_EXERCISE OBJECTIVE_
From the line with "es) (before_read continue buf e)" to the line with "read_one_response-Framed p buf (e", retype every line exactly, including those two, and leave out the rest of the data below.

Collection entries:
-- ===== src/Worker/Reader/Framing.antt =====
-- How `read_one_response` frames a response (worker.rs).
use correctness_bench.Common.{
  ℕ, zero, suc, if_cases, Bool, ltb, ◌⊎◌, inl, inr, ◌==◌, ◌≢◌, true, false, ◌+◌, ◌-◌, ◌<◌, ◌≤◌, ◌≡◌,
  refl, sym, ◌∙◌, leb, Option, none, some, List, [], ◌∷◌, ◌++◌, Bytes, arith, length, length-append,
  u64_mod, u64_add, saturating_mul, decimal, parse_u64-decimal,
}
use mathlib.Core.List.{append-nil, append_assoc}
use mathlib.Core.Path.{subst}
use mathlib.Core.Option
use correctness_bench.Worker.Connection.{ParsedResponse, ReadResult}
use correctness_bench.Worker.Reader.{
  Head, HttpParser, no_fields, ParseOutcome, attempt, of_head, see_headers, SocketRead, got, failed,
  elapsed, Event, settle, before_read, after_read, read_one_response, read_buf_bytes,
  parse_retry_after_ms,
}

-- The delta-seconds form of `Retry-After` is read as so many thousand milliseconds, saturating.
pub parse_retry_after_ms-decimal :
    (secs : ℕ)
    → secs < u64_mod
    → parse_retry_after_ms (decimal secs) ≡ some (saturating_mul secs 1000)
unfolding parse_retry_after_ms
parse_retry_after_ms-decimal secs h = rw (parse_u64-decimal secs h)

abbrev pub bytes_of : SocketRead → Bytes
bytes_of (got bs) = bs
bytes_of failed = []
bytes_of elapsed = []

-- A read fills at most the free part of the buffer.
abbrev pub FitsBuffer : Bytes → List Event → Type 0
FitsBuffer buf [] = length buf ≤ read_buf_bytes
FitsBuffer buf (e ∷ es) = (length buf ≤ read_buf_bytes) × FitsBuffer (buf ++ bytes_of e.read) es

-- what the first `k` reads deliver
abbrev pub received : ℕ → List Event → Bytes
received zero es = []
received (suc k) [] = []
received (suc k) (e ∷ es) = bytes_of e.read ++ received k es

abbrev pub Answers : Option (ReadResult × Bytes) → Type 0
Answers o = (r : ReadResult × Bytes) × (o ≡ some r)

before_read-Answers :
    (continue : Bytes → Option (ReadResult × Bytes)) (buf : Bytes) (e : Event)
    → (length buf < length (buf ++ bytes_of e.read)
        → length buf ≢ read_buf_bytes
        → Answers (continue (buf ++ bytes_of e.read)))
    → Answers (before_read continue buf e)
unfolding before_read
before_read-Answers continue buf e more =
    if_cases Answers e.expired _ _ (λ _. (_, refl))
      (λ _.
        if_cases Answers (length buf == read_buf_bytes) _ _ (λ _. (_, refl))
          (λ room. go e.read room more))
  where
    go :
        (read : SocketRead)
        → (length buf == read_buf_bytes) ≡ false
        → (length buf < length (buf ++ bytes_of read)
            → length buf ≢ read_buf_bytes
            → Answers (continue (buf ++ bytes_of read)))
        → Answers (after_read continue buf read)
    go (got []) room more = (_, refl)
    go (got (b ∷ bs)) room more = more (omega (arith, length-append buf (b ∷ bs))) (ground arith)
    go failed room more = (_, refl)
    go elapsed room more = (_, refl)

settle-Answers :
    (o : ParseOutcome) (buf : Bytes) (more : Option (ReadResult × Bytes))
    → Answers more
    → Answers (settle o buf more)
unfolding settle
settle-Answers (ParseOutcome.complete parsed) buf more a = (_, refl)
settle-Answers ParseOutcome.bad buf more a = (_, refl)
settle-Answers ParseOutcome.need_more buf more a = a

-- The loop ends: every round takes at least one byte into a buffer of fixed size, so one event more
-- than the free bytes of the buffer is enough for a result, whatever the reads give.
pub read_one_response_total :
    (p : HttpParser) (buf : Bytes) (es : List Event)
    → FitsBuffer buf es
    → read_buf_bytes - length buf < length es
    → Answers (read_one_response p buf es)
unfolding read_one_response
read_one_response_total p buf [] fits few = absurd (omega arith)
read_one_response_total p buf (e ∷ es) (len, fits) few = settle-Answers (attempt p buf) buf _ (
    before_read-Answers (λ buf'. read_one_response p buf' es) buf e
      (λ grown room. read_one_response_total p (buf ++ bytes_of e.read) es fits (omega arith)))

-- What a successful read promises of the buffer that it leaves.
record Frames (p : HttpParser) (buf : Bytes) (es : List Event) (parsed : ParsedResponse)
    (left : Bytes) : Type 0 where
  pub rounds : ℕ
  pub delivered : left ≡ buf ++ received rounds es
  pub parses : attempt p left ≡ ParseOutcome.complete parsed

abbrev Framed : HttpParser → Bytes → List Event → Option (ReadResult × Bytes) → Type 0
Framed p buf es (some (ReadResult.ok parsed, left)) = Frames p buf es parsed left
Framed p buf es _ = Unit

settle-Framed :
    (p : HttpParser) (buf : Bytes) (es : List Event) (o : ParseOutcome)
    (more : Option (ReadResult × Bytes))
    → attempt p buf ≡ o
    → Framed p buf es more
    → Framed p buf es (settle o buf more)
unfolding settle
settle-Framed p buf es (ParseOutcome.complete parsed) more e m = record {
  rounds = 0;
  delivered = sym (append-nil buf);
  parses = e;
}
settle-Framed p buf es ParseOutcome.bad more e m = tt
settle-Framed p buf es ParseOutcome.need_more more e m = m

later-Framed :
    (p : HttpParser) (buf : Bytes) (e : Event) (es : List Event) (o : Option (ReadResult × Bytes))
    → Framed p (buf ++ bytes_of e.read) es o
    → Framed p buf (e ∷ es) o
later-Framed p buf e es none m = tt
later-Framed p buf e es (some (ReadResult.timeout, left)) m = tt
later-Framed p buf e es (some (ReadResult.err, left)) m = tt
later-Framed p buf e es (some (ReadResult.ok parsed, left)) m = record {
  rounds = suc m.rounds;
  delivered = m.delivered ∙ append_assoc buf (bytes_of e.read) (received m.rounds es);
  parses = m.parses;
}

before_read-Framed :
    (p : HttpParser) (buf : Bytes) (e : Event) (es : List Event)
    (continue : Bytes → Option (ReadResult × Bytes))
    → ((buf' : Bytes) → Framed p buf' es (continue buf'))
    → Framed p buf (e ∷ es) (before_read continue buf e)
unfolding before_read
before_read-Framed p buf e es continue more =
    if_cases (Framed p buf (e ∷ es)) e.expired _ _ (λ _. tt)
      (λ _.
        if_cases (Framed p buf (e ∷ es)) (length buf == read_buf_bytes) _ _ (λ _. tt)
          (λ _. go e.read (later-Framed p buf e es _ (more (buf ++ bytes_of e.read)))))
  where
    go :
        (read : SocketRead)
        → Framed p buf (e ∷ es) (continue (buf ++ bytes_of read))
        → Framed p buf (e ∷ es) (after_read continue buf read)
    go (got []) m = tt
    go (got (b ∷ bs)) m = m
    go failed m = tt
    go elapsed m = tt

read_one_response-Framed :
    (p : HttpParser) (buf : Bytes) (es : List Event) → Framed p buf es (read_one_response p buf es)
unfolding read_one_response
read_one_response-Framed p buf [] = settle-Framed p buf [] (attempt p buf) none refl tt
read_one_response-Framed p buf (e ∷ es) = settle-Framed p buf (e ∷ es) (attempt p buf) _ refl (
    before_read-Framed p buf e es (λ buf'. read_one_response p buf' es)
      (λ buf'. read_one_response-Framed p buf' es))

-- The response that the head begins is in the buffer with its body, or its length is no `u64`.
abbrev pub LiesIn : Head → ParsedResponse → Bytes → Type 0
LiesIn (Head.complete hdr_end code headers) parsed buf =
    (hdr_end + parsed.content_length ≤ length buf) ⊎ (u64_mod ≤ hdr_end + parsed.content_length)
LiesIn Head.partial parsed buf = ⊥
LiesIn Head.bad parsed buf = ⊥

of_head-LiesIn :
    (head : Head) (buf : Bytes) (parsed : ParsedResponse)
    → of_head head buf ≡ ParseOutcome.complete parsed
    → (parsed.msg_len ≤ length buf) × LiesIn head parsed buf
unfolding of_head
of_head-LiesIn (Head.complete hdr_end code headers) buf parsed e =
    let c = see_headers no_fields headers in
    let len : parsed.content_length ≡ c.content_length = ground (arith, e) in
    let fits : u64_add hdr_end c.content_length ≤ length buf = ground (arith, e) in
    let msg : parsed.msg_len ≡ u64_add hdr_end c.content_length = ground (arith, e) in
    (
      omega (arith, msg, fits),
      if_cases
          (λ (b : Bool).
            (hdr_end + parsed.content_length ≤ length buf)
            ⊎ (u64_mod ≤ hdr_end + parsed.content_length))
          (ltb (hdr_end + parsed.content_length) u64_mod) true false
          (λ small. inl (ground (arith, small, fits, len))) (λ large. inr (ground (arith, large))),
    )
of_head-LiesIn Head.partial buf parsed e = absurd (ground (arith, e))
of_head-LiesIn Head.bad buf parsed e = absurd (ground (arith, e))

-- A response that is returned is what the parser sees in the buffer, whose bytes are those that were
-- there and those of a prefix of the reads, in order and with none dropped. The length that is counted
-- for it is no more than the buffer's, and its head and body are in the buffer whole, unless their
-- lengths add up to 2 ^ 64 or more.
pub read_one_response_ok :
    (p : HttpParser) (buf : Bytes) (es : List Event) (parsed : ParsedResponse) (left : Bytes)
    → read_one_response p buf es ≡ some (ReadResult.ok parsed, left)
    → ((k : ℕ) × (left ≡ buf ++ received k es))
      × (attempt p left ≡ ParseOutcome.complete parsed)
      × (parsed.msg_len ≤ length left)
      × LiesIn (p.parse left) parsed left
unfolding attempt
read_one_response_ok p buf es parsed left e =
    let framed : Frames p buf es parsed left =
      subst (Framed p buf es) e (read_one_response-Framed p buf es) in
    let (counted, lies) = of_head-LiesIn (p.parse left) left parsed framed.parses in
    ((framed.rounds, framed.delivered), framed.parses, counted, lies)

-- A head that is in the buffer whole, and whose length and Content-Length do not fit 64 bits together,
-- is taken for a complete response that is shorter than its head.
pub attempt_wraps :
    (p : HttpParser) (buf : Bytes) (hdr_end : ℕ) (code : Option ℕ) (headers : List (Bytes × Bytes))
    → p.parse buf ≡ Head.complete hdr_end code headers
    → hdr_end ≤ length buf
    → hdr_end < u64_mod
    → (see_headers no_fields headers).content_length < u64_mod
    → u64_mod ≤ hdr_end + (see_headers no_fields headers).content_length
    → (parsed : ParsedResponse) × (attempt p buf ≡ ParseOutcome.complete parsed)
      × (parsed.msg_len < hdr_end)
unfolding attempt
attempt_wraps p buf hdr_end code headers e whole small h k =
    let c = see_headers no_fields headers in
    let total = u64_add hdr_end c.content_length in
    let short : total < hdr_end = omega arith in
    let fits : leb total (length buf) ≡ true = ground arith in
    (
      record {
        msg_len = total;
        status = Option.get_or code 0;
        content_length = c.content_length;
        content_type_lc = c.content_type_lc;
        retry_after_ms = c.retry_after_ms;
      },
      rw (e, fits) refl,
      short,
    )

_ANSWER SECTION_
    → Framed p buf (e ∷ es) (before_read continue buf e)
unfolding before_read
before_read-Framed p buf e es continue more =
    if_cases (Framed p buf (e ∷ es)) e.expired _ _ (λ _. tt)
      (λ _.
        if_cases (Framed p buf (e ∷ es)) (length buf == read_buf_bytes) _ _ (λ _. tt)
          (λ _. go e.read (later-Framed p buf e es _ (more (buf ++ bytes_of e.read)))))
  where
    go :
        (read : SocketRead)
        → Framed p buf (e ∷ es) (continue (buf ++ bytes_of read))
        → Framed p buf (e ∷ es) (after_read continue buf read)
    go (got []) m = tt
    go (got (b ∷ bs)) m = m
    go failed m = tt
    go elapsed m = tt

read_one_response-Framed :
    (p : HttpParser) (buf : Bytes) (es : List Event) → Framed p buf es (read_one_response p buf es)
unfolding read_one_response
read_one_response-Framed p buf [] = settle-Framed p buf [] (attempt p buf) none refl tt
read_one_response-Framed p buf (e ∷ es) = settle-Framed p buf (e ∷ es) (attempt p buf) _ refl (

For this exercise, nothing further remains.